Suppose V is $\overline {\mathbb {Q}}$ -rational. A function $f\in \mathfrak {N}_{\omega }^d$ is called algebraic, denoted by $f\in \mathfrak {N}_{\omega }^d(\overline {\mathbb {Q}})$ , if $\mathfrak {P}_{\omega }(w)^{-1}f(w)$ is $\overline {\mathbb {Q}}$ -rational for $w\in \mathcal {W}=\{g\cdot 0:g\in G(\overline {\mathbb {Q}})\}$ . Put $\mathfrak {N}_{\omega }^d(\Gamma ,\overline {\mathbb {Q}})=\mathfrak {N}_{\omega }^d(\overline {\mathbb {Q}})\cap \mathfrak {N}_{\omega }^d(\Gamma )$ . The proof of the following lemma is the same as the one in [Reference Shimura32, Theorem 14.9].

We now extend the above definitions to adelic modular forms. Let $\mathbf {f}\in \mathcal {M}_k$ and viewing it as a function on $G(\mathbb {A}_{\mathbf {h}})\times \mathfrak {B}$ by setting $\mathbf {f}(g_{\mathbf {h}},z)=j(g_z,z_0)^k\mathbf {f}(g_{\mathbf {h}}g_z)$ with $z=g_z\cdot 0\in \mathfrak {B}$ . Then $\mathfrak {D}_k\mathbf {f},\mathfrak {D}_k^Z\mathbf {f}$ is defined as applying differential operators on $z\in \mathfrak {B}$ . A function $\mathbf {f}:G(\mathbb {A}_{\mathbf {h}})\times \mathfrak {B}\to \mathbb {C}$ is called nearly holomorphic if it is nearly holomorphic in $z\in \mathfrak {B}$ . We can then define the space $\mathcal {N}_k^d$ and of nearly holomorphic modular forms as before. Similarly, we can define subspace $\mathcal {N}_k^d(\overline {\mathbb {Q}})$ . These definitions are equivalent to all components in the correspondence $\mathbf {f}\leftrightarrow (f_1,{\ldots },f_h)$ being nearly holomorphic or algebraic nearly holomorphic.

We now apply the differential operators to Siegel-type Eisenstein series and show that it is nearly holomorphic for certain values of s. We will keep the notation of Section 4, and so in particular $\mathbf {E}_l(g,s)$ is the Siegel-type Eisenstein series associated with group $G_n,n=2m$ of weight l and character $\chi $ .
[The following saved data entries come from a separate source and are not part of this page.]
-- ===== src/TwoFactor/Memory.antt =====
-- What is remembered, and for how many accounts.
use dms_bitwarden_cli.Common.{
  ℕ, suc, ◌≤◌, ◌≡◌, refl, inl, inr, true, false, not, ◌||◌, Option, none, some, [], ◌∷◌, arith, leb,
  Bool-cases, length, is_empty, All, pos, Str, ◌===◌, ===_refl,
}
use dms_bitwarden_cli.Js.Numbers.{Number, fin, nat, floor}
use dms_bitwarden_cli.Js.Values.{Value, number, object, Fields, end, field, prop, is_object_like}
use dms_bitwarden_cli.Settings.{whole_number}
use dms_bitwarden_cli.TwoFactor.{
  is_method, method_of, Methods, put, methods_fields, store_fields, two_factor_account_key,
  remembered_two_factor_method_for, keep_other, keep_others, remember_two_factor_method_in,
}

-- At most nine methods, no more than the count, and each one that the CLI has.
record IsKept (acc : Methods × ℕ) : Type 0 where
  pub counted : length acc.0 ≤ acc.1
  pub within : acc.1 ≤ 9
  pub known : All (λ p. is_method p.1 ≡ true) acc.0

put-length : (k : Str) (m : ℕ) (l : Methods) → length (put k m l) ≤ suc (length l)
unfolding put
put-length k m [] = omega arith
put-length k m ((j, n) ∷ rest) = ground (arith, put-length k m rest)

put-known :
    (k : Str) (m : ℕ) (l : Methods)
    → is_method m ≡ true
    → All (λ p. is_method p.1 ≡ true) l
    → All (λ p. is_method p.1 ≡ true) (put k m l)
unfolding put
put-known k m [] h a = (h, tt)
put-known k m ((j, n) ∷ rest) h a = elim (Bool-cases (j === k)) [
  | inl same ↦ rw same (h, a.1)
  | inr other ↦ rw other (a.0, put-known k m rest h a.1)
]

put-found :
    (k : Str) (m : ℕ) (l : Methods) → prop k (object (methods_fields (put k m l))) ≡ number (nat m)
unfolding put methods_fields prop
put-found k m [] = rw (===_refl k) refl
put-found k m ((j, n) ∷ rest) = elim (Bool-cases (j === k)) [
  | inl same ↦ rw same (rw same refl)
  | inr other ↦ rw other (rw other (put-found k m rest))
]

abbrev IsKnown : Option ℕ → Type 0
IsKnown none = Unit
IsKnown (some m) = is_method m ≡ true

method_of-IsKnown : (n : Number) → IsKnown (method_of n)
unfolding method_of
method_of-IsKnown (fin (pos n) []) = elim (Bool-cases (is_method n)) [
  | inl e ↦ rw e e
  | inr e ↦ rw e tt
]
method_of-IsKnown _ = tt

known_method : (m : ℕ) → is_method m ≡ true → method_of (whole_number (number (nat m))) ≡ some m
unfolding method_of whole_number floor
known_method m k = rw k refl

module _ (lower : Str → Str) where
  remembered-IsKnown :
      (store : Value) (email : Str) → IsKnown (remembered_two_factor_method_for lower store email)
  unfolding remembered_two_factor_method_for
  remembered-IsKnown store email =
      elim (Bool-cases
        (is_empty (two_factor_account_key lower email) || not (is_object_like store))) [
          | inl e ↦ rw e tt
          | inr e ↦
              rw e
                (method_of-IsKnown (whole_number (prop (two_factor_account_key lower email) store)))
        ]

  keep_other-IsKept :
      (key other : Str) (o : Option ℕ) (acc : Methods × ℕ)
      → IsKnown o
      → IsKept acc
      → IsKept (keep_other lower key other o acc)
  unfolding keep_other
  keep_other-IsKept key other none acc k h = h
  keep_other-IsKept key other (some m) (next, kept) k h =
      elim (Bool-cases (is_empty other || other === key || leb 9 kept)) [
        | inl e ↦ rw e h
        | inr e ↦ rw e (record {
          counted = omega (arith, put-length other m next, h.counted);
          within = ground arith;
          known = put-known other m next k h.known;
        })
      ]

  keep_others-IsKept :
      (store : Value) (key : Str) (fs : Fields) (acc : Methods × ℕ)
      → IsKept acc
      → IsKept (keep_others lower store key fs acc)
  unfolding keep_others
  keep_others-IsKept store key end acc h = h
  keep_others-IsKept store key (field k v rest) acc h =
      keep_others-IsKept store key rest
        (keep_other lower key (two_factor_account_key lower k)
          (remembered_two_factor_method_for lower store k) acc)
        (keep_other-IsKept key (two_factor_account_key lower k)
          (remembered_two_factor_method_for lower store k) acc (remembered-IsKnown store k) h)

  remembered-found :
      (email : Str) (m : ℕ) (l : Methods)
      → is_empty (two_factor_account_key lower email) ≡ false
      → is_method m ≡ true
      → remembered_two_factor_method_for lower
          (object (methods_fields (put (two_factor_account_key lower email) m l)))
          email
        ≡ some m
  unfolding remembered_two_factor_method_for
  remembered-found email m l h k =
      rw (h, put-found (two_factor_account_key lower email) m l) (known_method m k)

  -- A method of the CLI that is remembered for an email that is not blank is the one that is read
  -- for it later, whatever the store held before; the new store has at most ten accounts, each with
  -- a method of the CLI.
  pub remember_two_factor_method_in_reads :
      (store : Value) (email : Str) (method : ℕ)
      → is_empty (two_factor_account_key lower email) ≡ false
      → is_method method ≡ true
      → (next : Methods) × (remember_two_factor_method_in lower store email method ≡ some next)
        × (remembered_two_factor_method_for lower (object (methods_fields next)) email
            ≡ some method)
        × (length next ≤ 10)
        × All (λ p. is_method p.1 ≡ true) next
  unfolding remember_two_factor_method_in
  remember_two_factor_method_in_reads store email method h k =
      let key = two_factor_account_key lower email in
      let others = keep_others lower store key (store_fields store) ([], 0) in
      let kept =
        keep_others-IsKept store key (store_fields store) ([], 0)
          (record { counted = omega arith; within = omega arith; known = tt }) in
      (
        put key method others.0,
        rw (h, k) refl,
        remembered-found email method others.0 h k,
        omega (arith, put-length key method others.0, kept.counted, kept.within),
        put-known key method others.0 k kept.known,
      )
Proof For this, we use [Reference Shimura27, Theorem 2D], which classifies the irreducible representations of $(\tau ^{mp}, S_{mp}(\mathfrak {T}))$ . In particular, for $p\in \mathbb {Z}$ and a weight q, we can define the operator $\Delta _q^p$ by $\Delta _q^p\mathbf {f}=(\mathfrak {D}_{\omega }^Z\mathbf {f})(\psi )$ with $\omega =\det ^q,Z=\mathbb {C}\psi \subset S_{mp}(\mathfrak {T})$ , and $\psi =\det ^{p/2}$ . Here, the square root of the determinant denotes the Pfaffian of the skew-symmetric matrix. Then

$$\begin{align*}\Delta_q^p\mathcal{N}_q^t(\overline{\mathbb{Q}})\subset\pi^{mp}\mathcal{N}_{q+p}^{t+mp}(\overline{\mathbb{Q}}). \end{align*}$$

We have shown that $\mathbf {E}_l(g,l)\in \mathcal {M}_l(\overline {\mathbb {Q}})$ , so $\Delta _l^p\mathbf {E}_l(g,l)\in \pi ^{mp}\mathcal {N}_{l+p}^{mp}(\overline {\mathbb {Q}})$ . Take $p=l-\mu $ , then by the explicit formula in [Reference Shimura27, Theorem 4.3], we have

$$\begin{align*}\Delta_{\mu}^p\mathbf{E}_{\mu}(g,\mu)=C\cdot\mathbf{E}_l(g,\mu),\,\,\,\text{with}\,\,C\in\overline{\mathbb{Q}}^{\times}. \end{align*}$$

This concludes the proof of the proposition.